## Task
Each line below that contains the word "ActionService" must be copied.

## Material for this exercise
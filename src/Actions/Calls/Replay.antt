-- ===== src/Actions/Calls/Replay.antt =====
-- The events tell a replica what happened: `restore` of an event that a call appended gives the
-- new action, or the status that the call gave, but for the note of a refused execution.
use Prim.Native.String.{◌++◌ as append}
use agents_reality_layer.Prelude.{
  string_eq, String, Option, true, false, is_some, none, some, ◌≡◌, refl, sym, subst, ap, ◌∙◌, inl,
  inr, Option-cases, arith,
}
use agents_reality_layer.Dict
use agents_reality_layer.Json.{Platform}
use agents_reality_layer.Errors.{ok}
use agents_reality_layer.Actions.Models.{validate_proposal}
use agents_reality_layer.Actions.Service.{StoredAction, ActionService}
use agents_reality_layer.Actions.Service.Restore.{holds_event}
use agents_reality_layer.Actions.Calls.{Call, System, Provider, step, IsFresh, hex_of, Effect}
use agents_reality_layer.Actions.Calls.Effects.{step-Effect}
use agents_reality_layer.Actions.Calls.Created.{Added, Effect-Added}
use agents_reality_layer.Actions.Calls.Changed.{Changed, Effect-Changed}

-- What an event tells of a new action, and of one that was there before the call.
abbrev pub Replayed :
    Platform
    → ActionService
    → String
    → ActionService
    → ActionService
    → Option StoredAction
    → StoredAction
    → Type 0
Replayed py r i s s' before a' = elim before [
  | none ↦ Added py r i s s' a'
  | some a ↦ Changed py r i s s' a a'
]

-- the replica has the action
found_as : {A : Type 0} (o : Option A) → is_some o ≡ true → (x : A) × (o ≡ some x)
found_as (some x) h = (x, refl)
found_as none h = absurd (ground arith)

Effect-Replayed :
    {py : Platform} {s : ActionService} {t hex : String} {s' : ActionService} {a' : StoredAction}
    (r : ActionService) (i : String)
    → Effect py s t hex s'
    → holds_event r (append "evt_" hex) ≡ false
    → is_some (Dict.get r.actions i) ≡ is_some (Dict.get s.actions i)
    → Dict.get s'.actions i ≡ some a'
    → validate_proposal a'.proposal ≡ ok a'.proposal
    → Replayed py r i s s' (Dict.get s.actions i) a'
Effect-Replayed {py} {s = s} {hex = hex} {s' = s'} {a' = a'} r i e unknown known g' valid =
    elim (Option-cases (Dict.get s.actions i)) [
      | inl g ↦
          subst (λ o. Replayed py r i s s' o a') (sym g) (Effect-Added r i e unknown g g' valid)
      | inr (a, g) ↦
          let (b, found) = found_as (Dict.get r.actions i) (known ∙ ap is_some g) in
          subst (λ o. Replayed py r i s s' o a') (sym g)
            (Effect-Changed py r i found hex unknown e g g')
    ]

module _ {W : Type 0} (py : Platform) (provider : Provider W) where
  -- A call, seen from an action that is there after it, whose proposal has the form that the model
  -- demands, and from a replica that holds the action exactly if the service did before the call,
  -- and does not hold the event of the call. If the call made the action, exactly one event was
  -- appended, and the replica that restores it holds the action with the same record. If the action
  -- was there, then either it and its events stay as they were; or exactly one event was appended,
  -- and restoring it gives the replica's action the status that the call gave; or the call was
  -- refused as an execution of an approved action, which stays as it was, while the event that was
  -- appended gives the replica's action the status precondition_failed. The id that `uuid4` gives
  -- to a new action is assumed not to be in use.
  pub step-Replayed :
      (y : System W) (c : Call) (i : String) (r : ActionService) {a' : StoredAction}
      → IsFresh y.service c
      → holds_event r (append "evt_" (hex_of c)) ≡ false
      → is_some (Dict.get r.actions i) ≡ is_some (Dict.get y.service.actions i)
      → Dict.get (step py provider y c).service.actions i ≡ some a'
      → validate_proposal a'.proposal ≡ ok a'.proposal
      → Replayed py r i y.service (step py provider y c).service (Dict.get y.service.actions i) a'
  step-Replayed y c i r new unknown known g' valid =
      Effect-Replayed r i (step-Effect py y.service provider y.world c new) unknown known g' valid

## Solution below
use agents_reality_layer.Actions.Service.{StoredAction, ActionService}
    → ActionService
    → ActionService
    → ActionService
    {py : Platform} {s : ActionService} {t hex : String} {s' : ActionService} {a' : StoredAction}
    (r : ActionService) (i : String)
      (y : System W) (c : Call) (i : String) (r : ActionService) {a' : StoredAction}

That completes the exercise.